ELE ESTAVA EM UM ESQUIFE com Underwood e dois de seus capangas. A praia nos limites de Summerfield mal era visível. Bom Deus, eles iam jogá-lo no mar para que ele se afogasse? Lutou para ficar consciente. As mãos estavam amarradas mais uma vez. Malditas cordas!

Underwood usou a adaga para cortar as amarras de James. A lâmina era afiada, e ele não teve dificuldade para partir a corda grossa com um único movimento. Antes que James pudesse reagir, os capangas o pegaram pelos braços e o seguraram. Estremeceu, com certeza um ou duas costelas tinham sido quebradas. Ele lutou para respirar nesta nova posição.

– Segure o braço esquerdo dele.

Então, Underwood se ajoelhou ao seu lado e ergueu a adaga com ambos os braços bem acima da cabeça enquanto a manga da camisa de James era puxada para trás para mostrar a pele, a mão estava firmemente presa na borda do esquife.

Foi então que percebeu, e seus olhos se arregalaram. Ele tentou se soltar dos capangas, mas as costelas estavam gritando de dor e ele estava enfraquecido por ter sido levado à inconsciência por duas vezes em muito pouco tempo. James devia estar com uma concussão.

Ele não poderia fazer aquilo, poderia? Underwood era pouco mais que uma criança. Um nobre mimado. Por que ele…

A lâmina fez um corte limpo, trespassando o osso em um único golpe. James não sentiu dor até que percebeu o que tinha se passado bem diante de seus olhos. Enquanto o sangue começava a jorrar e sua mão se separava do seu pulso no mar do Norte, flutuando por um momento antes de ser engolida pelas ondas, ele abafou um grito, não querendo dar aquela satisfação a ninguém.

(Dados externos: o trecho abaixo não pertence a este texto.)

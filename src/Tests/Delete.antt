-- ===== src/Tests/Delete.antt =====
-- A deletion, and a clean that is skipped, on the store in memory.
use groot_btrfs.Base.{◌≡◌, refl, Bool, true, false, List, [], ◌∷◌, arith, none, some, if◌then◌else◌}
use groot_btrfs.Base.Int.{pos}
use groot_btrfs.Base.Str.{Str, codes, eqb, contains}
use groot_btrfs.Base.Effect.{Error, ok, err, not_exist, succeeded, is_not_exist, cause}
use groot_btrfs.Groot.Creator.{image_reference}
use groot_btrfs.Groot.Clean.{clean}
use groot_btrfs.Groot.Clean.Skip.{is_below, clean_skipped}
use groot_btrfs.Groot.Delete.{Deleter, delete, deregister_image}
use groot_btrfs.Groot.Delete.Laws.{View, IsLawful, delete_gone}
use groot_btrfs.Gc.{delete_key}
use groot_btrfs.Gc.Safety.{parts}
use groot_btrfs.Gc.Orphans.{contains-delete_key, eqb_self}
use groot_btrfs.Tests.Memory.{World, lookup, collector, locks, measurer}

abbrev without : Str → List (Str × List Str) → List (Str × List Str)
without id [] = []
without id ((j, ids) ∷ r) = if eqb j id then without id r else (j, ids) ∷ without id r

abbrev is_registered : List (Str × List Str) → Str → Bool
is_registered r id = elim (lookup r id) [ none ↦ false | some ids ↦ true ]

is_registered-without :
    (id : Str) (r : List (Str × List Str)) → is_registered (without id r) id ≡ false
is_registered-without id [] = refl
is_registered-without id ((j, ids) ∷ r) = ground (arith, is_registered-without id r)

unfoldable deleter : Deleter World
deleter = record {
  image_cloner = record {
    exists = λ id w. (ok (contains w.images id), w);
    create = λ spec w. (err not_exist, w);
    destroy = λ id w.
        if contains w.images id
        then (ok tt, record w { images = delete_key id w.images })
        else (err (Error.new (codes "image not found")), w);
    stats = λ id w. (err not_exist, w);
  };
  dependency_manager = record {
    register = λ id ids w. (ok tt, w);
    deregister = λ id w.
        if is_registered w.registry id
        then (ok tt, record w { registry = without id w.registry })
        else (err not_exist, w);
  };
}

abbrev view : World → View
view w = record { image = contains w.images; registered = is_registered w.registry }

deleter-IsLawful : IsLawful view deleter
unfolding deleter
deleter-IsLawful = record {
  destroy_image = λ w id e. ground (arith, contains-delete_key id id w.images, eqb_self id);
  deregister_image = λ w id. ground arith;
  deregister_done = λ w id e. ground (arith, is_registered-without id w.registry);
  deregister_missing = λ w id x e missing. ground arith;
}

-- An image whose dependencies are not registered.
abbrev unregistered : World
unregistered = record { volumes = []; images = codes "img" ∷ []; registry = []; held = 0 }

delete_run : succeeded (delete deleter (codes "img") unregistered).0 ≡ true
unfolding delete deregister_image deleter contains is_not_exist cause eqb
delete_run = refl

delete_gone_example :
    ((view (delete deleter (codes "img") unregistered).1).image (codes "img") ≡ false)
    × ((view (delete deleter (codes "img") unregistered).1).registered
          (image_reference (codes "img"))
        ≡ false)
delete_gone_example =
    delete_gone view deleter deleter-IsLawful (codes "img") unregistered delete_run

-- 500 bytes are used.
clean_skipped_example :
    ((clean (parts collector locks measurer) (pos 501) [] unregistered).0.0
      ≡ is_below (measurer.usage unregistered).0 (pos 501))
    × ((clean (parts collector locks measurer) (pos 501) [] unregistered).0.0 ≡ true
        → (clean (parts collector locks measurer) (pos 501) [] unregistered).1
          ≡ (measurer.usage unregistered).1)
clean_skipped_example = clean_skipped (parts collector locks measurer) (pos 501) [] unregistered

Mas Underwood ainda não tinha acabado.

– Vamos chamar isso de jogo das possibilidades, capitão Harlow. Se você conseguir chegar vivo à praia, fará os arranjos para que sua irmã me aceite. Se não conseguir, bem, você estará morto e eu terei encontrado os documentos que precisamos em seu escritório, e eu estarei lá para consolar a pobre Wendelin quando ela for ao seu funeral. – Ele se virou para um rapaz alto que estava à sua direita, e que tinha mantido a cabeça baixada, recusando-se a olhar diretamente para James. – Cauterize a ferida. Não vai parecer com um jogo se ele sangrar no momento em que cair na água.

A agonia e a confusão o entorpeceram enquanto os jovens se movimentavam para aquecer a lâmina na vela da lanterna do barco para que pudessem selar o seu ferimento. O que ele tinha feito de tão terrível na vida para terminar assim? Contrabando era ilegal, mas ninguém jamais tinha se machucado sob a sua responsabilidade. Eles tinham um canhão a bordo do navio, o qual nunca tinha usado. Além do mais, Wendelin sabia que esse conde louco estava interessado nela? Bom Deus, que horrores Underwood faria sua irmã passar se ele conseguisse o que queria? O calor da lâmina queimando carne e tendão o tirou de seu torpor.

Ele tinha que lutar. Tinha que sobreviver. Pelo bem da irmã, James ficaria vivo e veria Underwood morto antes de permitir que a irmã ficasse um momento sequer com ele.

Os homens o atiraram pela amurada do esquife. No momento que a água salgada bateu em seus ferimentos, ele finalmente se permitiu gritar. Mas o som foi perdido nas profundezas da água.

Lute. Nade!

A camisa flutuava ao seu redor, uma pálida mortalha, enquanto ele se afundava naquele abismo acolhedor.